Puse algo de música mientras hacíamos el camino, 45 minutos
después ya estábamos frente aquel hostal, muy tranquilito, con la playa y sus
olas serenas, pero este sin parking subterráneo (que pena, me dije), salimos y
pedimos una habitación de matrimonio, mientras le encargábamos la comida para
que nos la llevasen a la habitación, esta vez no debía de haber intromisiones,
para nada
¿Cómo estas?, ¿ nerviosa?
No nerviosa no es la palabra, desesperada por abrir el
postre
Bueno pero una entradita no vendrá nada mal, ¿verdad?
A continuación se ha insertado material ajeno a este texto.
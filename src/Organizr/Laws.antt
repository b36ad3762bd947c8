-- ===== src/Organizr/Laws.antt =====
-- What remove_unlisted deletes.
-- The paths that were deleted, the last one first.
use mathlib.Core.Path.{subst, ap₂}
use k8s_homelab.Prelude.{
  all_imp, ap, false, ◌||◌, sym, contains-filter, all_of_contains, refl, filter, minus, is_nil,
  none, [], ==_eq, option_eq, ==_of_eq, inr, arith, nat_eq, &&_both,
}
use k8s_homelab.Prelude.{
  inl, list_eq, Option-cases, ◌==◌, Bool-cases, all, some, true, contains, ◌&&◌, any, not, ◌≡◌,
  Option, ◌∷◌, List, Bool,
}
use k8s_homelab.Prelude.Sort.{contains-sorted, sorted}
use k8s_homelab.Prelude.Dict.{keys, lookup}
use k8s_homelab.Prelude.Text.{codes, Text}
use k8s_homelab.Organizr.{
  remove_extra, list_of, remove_unlisted, has_status, delete_method, item_path, path_at,
  is_builtin_at, is_builtin, call, remove_each, Items, Answers, Session,
}
use k8s_homelab.Json.{get, Fields, Value}

unfoldable pub deleted : Session → List Text
deleted [] = []
deleted (r ∷ sent) =
    let rest = deleted sent in elim r.method [ delete_method ↦ r.path ∷ rest | _ ↦ rest ]

both_of :
    (a b : Bool) (o : Option Text) (path : Text)
    → (not a && not b) ≡ true
    → o ≡ some path
    → ((not a && not b) && o == some path) ≡ true
both_of a b o path h e = ap₂ (λ c d. c && d) h (==_of_eq o (some path) e)

module _ (repr : Value → Text) where
  -- The test of an entry that may_go looks for.
  abbrev pub is_gone : Text → List Text → Text → Text × Fields → Bool
  is_gone what wanted path e =
      (not (contains wanted e.0) && not (is_builtin repr what e.1))
      && item_path repr what (get (codes "id") e.1) == some path

  -- A path of an item that may go: one that is neither listed nor Organizr's own.
  abbrev pub may_go : Text → List Text → Items → Text → Bool
  may_go what wanted have path = any (is_gone what wanted path) have

  -- A name whose item may go.
  abbrev goes : Text → List Text → Items → Text → Bool
  goes what wanted have name =
      not (contains wanted name) && not (is_builtin_at repr what (lookup name have))

  any-lookup :
      (q : Text × Fields → Bool) (name : Text) (item : Fields) (have : Items)
      → lookup name have ≡ some item
      → q (name, item) ≡ true
      → any q have ≡ true
  unfolding lookup
  any-lookup q name item [] e h = absurd (cc)
  any-lookup q name item ((n, i) ∷ have) e h = elim (Bool-cases (n == name)) [
    | inl s ↦ ground (arith, e, h, s, ==_eq n name s)
    | inr d ↦ ground (arith, d, e, any-lookup q name item have)
  ]

  module _ (answer : Answers) (what : Text) (wanted : List Text) (have : Items) where
    path-may_go :
        (name path : Text)
        → goes what wanted have name ≡ true
        → path_at repr answer what (lookup name have) ≡ some path
        → may_go what wanted have path ≡ true
    path-may_go name path g e = elim (Option-cases (lookup name have)) [
      | inl f ↦ absurd (ground (arith, e, f))
      | inr (item, f) ↦ any-lookup (is_gone what wanted path) name item have f (
          both_of (contains wanted name) (is_builtin repr what item)
            (item_path repr what (get (codes "id") item)) path
            (subst (λ o. (not (contains wanted name) && not (is_builtin_at repr what o)) ≡ true) f
              g)
            (subst (λ o. path_at repr answer what o ≡ some path) f e))
    ]

    remove_each_deletes :
        (names : List Text) (sent : Session)
        → all (goes what wanted have) names ≡ true
        → all (may_go what wanted have) (deleted sent) ≡ true
        → all (may_go what wanted have) (deleted (remove_each repr answer what have names sent).1)
          ≡ true
    unfolding remove_each call deleted
    remove_each_deletes [] sent g h = h
    remove_each_deletes (name ∷ names) sent g h =
        let (a, b) = &&_both (goes what wanted have name) (all (goes what wanted have) names) g in
        elim (Option-cases (path_at repr answer what (lookup name have))) [
          | inl e ↦ rw (e, remove_each) h
          | inr (path, e) ↦
              let sent' = (call answer delete_method path none sent).1 in
              let now = ap₂ (λ c d. c && d) (path-may_go name path a e) h in
              elim (Bool-cases
                (has_status (200 ∷ 204 ∷ []) (call answer delete_method path none sent).0)) [
                  | inr f ↦ rw (e, f, remove_each) now
                  | inl f ↦ rw (e, f, remove_each) (remove_each_deletes names sent' b now)
                ]
        ]

-- The names of those that are Organizr's own.
abbrev pub own_names : (Value → Text) → Text → Items → List Text → List Text
own_names repr what have names = filter (λ n. is_builtin_at repr what (lookup n have)) names

-- A path may be deleted, with remove_unlisted set and none of Organizr's own among the names.
abbrev pub removable : (Value → Text) → Text → List Text → Items → List Text → Bool → Text → Bool
removable repr what wanted have names enabled path =
    enabled && may_go repr what wanted have path && is_nil (own_names repr what have names)

enabled_too : (a b c d : Bool) → (b || not a) ≡ false → d ≡ true → c ≡ true → (a && c && d) ≡ true
enabled_too a b c d e f g = ground (arith, e, f, g)

all-goes :
    (repr : Value → Text) (what : Text) (wanted : List Text) (have : Items) (names : List Text)
    → all (λ n. not (contains wanted n)) names ≡ true
    → is_nil (filter (λ n. is_builtin_at repr what (lookup n have)) names) ≡ true
    → all (goes repr what wanted have) names ≡ true
all-goes repr what wanted have [] a b = refl
all-goes repr what wanted have (n ∷ names) a b =
    elim (Bool-cases (is_builtin_at repr what (lookup n have))) [
      | inl e ↦ absurd (ground (arith, e, b))
      | inr e ↦ ground (arith, e, a, b, all-goes repr what wanted have names)
    ]

extra_unwanted :
    (wanted names : List Text)
    → all (λ n. not (contains wanted n)) (sorted (minus names wanted)) ≡ true
extra_unwanted wanted names =
    all_of_contains (λ n. not (contains wanted n)) (sorted (minus names wanted))
      (λ a m. ground (
        arith,
        m,
        contains-sorted (minus names wanted) a,
        contains-filter (λ b. not (contains wanted b)) names a,
      ))

remove_extra_deletes :
    (repr : Value → Text) (answer : Answers) (what : Text) (wanted : List Text) (have : Items)
    (names : List Text) (enabled : Bool) (sent : Session)
    → deleted sent ≡ []
    → all (λ n. not (contains wanted n)) names ≡ true
    → all
        (λ path. removable repr what wanted have names enabled path)
        (deleted (remove_extra repr answer what have names enabled sent).1)
      ≡ true
remove_extra_deletes repr answer what wanted have names enabled sent none_yet u =
    elim (Bool-cases (is_nil names || not enabled)) [
      | inl e ↦ rw e (ap (all (removable repr what wanted have names enabled)) none_yet)
      | inr e ↦ elim (Bool-cases (is_nil (own_names repr what have names))) [
        | inr f ↦
            rw (e, f)
              (ap (all (λ path. enabled && may_go repr what wanted have path && false)) none_yet)
        | inl f ↦
            rw (e, f)
              (all_imp (may_go repr what wanted have)
                (λ path. enabled && may_go repr what wanted have path && true)
                (deleted (remove_each repr answer what have names sent).1)
                (λ path h.
                  enabled_too enabled (is_nil names) (may_go repr what wanted have path) true e refl
                    h)
                (remove_each_deletes repr answer what wanted have names sent
                  (all-goes repr what wanted have names u f)
                  (ap (all (may_go repr what wanted have)) none_yet)))
      ]
    ]

listing_deletes : (answer : Answers) (what key : Text) → deleted (list_of answer what key []).1 ≡ []
unfolding deleted list_of call
listing_deletes answer what key = refl

unlisted_run :
    (repr : Value → Text) (answer : Answers) (what key : Text) (wanted : List Text) (enabled : Bool)
    (have : Items)
    → (list_of answer what key []).0 ≡ some have
    → (remove_unlisted repr answer what key wanted enabled []).1
      ≡ (remove_extra repr answer what have
          (sorted (minus (keys have) wanted))
          enabled
          (list_of answer what key []).1).1
unfolding remove_unlisted
unlisted_run repr answer what key wanted enabled have h = rw (h, remove_unlisted) refl

-- Whatever Organizr answers, each path that remove_unlisted deletes is that of an item of the list
-- that Organizr gave, which is not wanted and not one of Organizr's own. Nothing is deleted unless
-- remove_unlisted is set, nor where one of Organizr's own is among the items that are not wanted.
pub deleted-remove_unlisted :
    (repr : Value → Text) (answer : Answers) (what key : Text) (wanted : List Text) (enabled : Bool)
    (have : Items)
    → (list_of answer what key []).0 ≡ some have
    → all
        (removable repr what wanted have (sorted (minus (keys have) wanted)) enabled)
        (deleted (remove_unlisted repr answer what key wanted enabled []).1)
      ≡ true
deleted-remove_unlisted repr answer what key wanted enabled have h =
    subst
      (λ s.
        all (removable repr what wanted have (sorted (minus (keys have) wanted)) enabled)
          (deleted s)
        ≡ true)
      (sym (unlisted_run repr answer what key wanted enabled have h))
      (remove_extra_deletes repr answer what wanted have (sorted (minus (keys have) wanted)) enabled
        (list_of answer what key []).1 (listing_deletes answer what key)
        (extra_unwanted wanted (keys have)))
Pues no, a ver pide tú que sabes mas de esto
OK
Cogí el teléfono y le me dispuse a pedir de entrada un cóctel
de gambas, después........, le pregunte
¿Prefieres carne o pasta?,
Pasta, pasta, la carne la tengo bien cerquita
OK, que te parece unos tallarines al caviar
Perfecto
Ah...y una botella de champagne
Sí, sí
Di la consiguiente comanda a la recepción y en pocos
minutos vino un gentil camarero, con 2 cócteles de gambas, pasta y champagne,
y nos pregunta:
¿Desean algo de postre?
No, para nada, el postre ya lo tenemos
Los dos nos echamos a reír, y el camarero sin saber de que
iba el tema, se fue con su cara de asombro, después de recibir su suculenta
propina. Una vez solos las miradas se devoraban, no por el manjar que estaba
bien decorado en la mesa, sino por la situación y el encuentro de dos almas que
deseaban fundirse en una sola. Para romper tanto silencio y adornar aún mas la
situación, puse un par de velas en el carrito donde repostaba tanto manjar,
ambientado por una bella melodía de fondo, nuestros tenedores se confundían unos
con otros, las sonrisas esta vez eran mas inquietantes, mientras le daba de
probar de mi plato mis pies jugaban con la seducción entre los suyos,
tocándolos, sintiéndolos casi desnudos, la pasta estaba deliciosamente servida
con un champagne espumoso, el cual revelaba nuestras burbujeantes intenciones,
mientras mi pie lentamente sigue subiendo, por la rodilla, muslo, y acariciando
esa zona tan preciada por todos, mis manos poco a poco se alojan junto a las
suyas, con ternura y pasión a la vez, mi mirada tranquila, pero fogosa, le
reconfortaba mucho, lo veía en la expresión de su cara. En un momento le dije:
UPS, jejeje, pues a eso vinimos, ¿no? (me respondió con
timidez)
Yo me levanté de la silla y me puse tras de su nuca,
besándola suavemente, recorriendo sus pechos, su cintura, haciéndole sentir que
estaba tras de sí su ansiado tesoro, pero que antes de todo debíamos de ganarlo,
mi lengua, se acercaba sigilosamente por el óvulo de su oreja, con pequeños
mordiscos, cortos, largos, mientras mis manos penetraban cada vez mas, y mas
entre los delicados tejidos que escondían esa piel calida y fresca.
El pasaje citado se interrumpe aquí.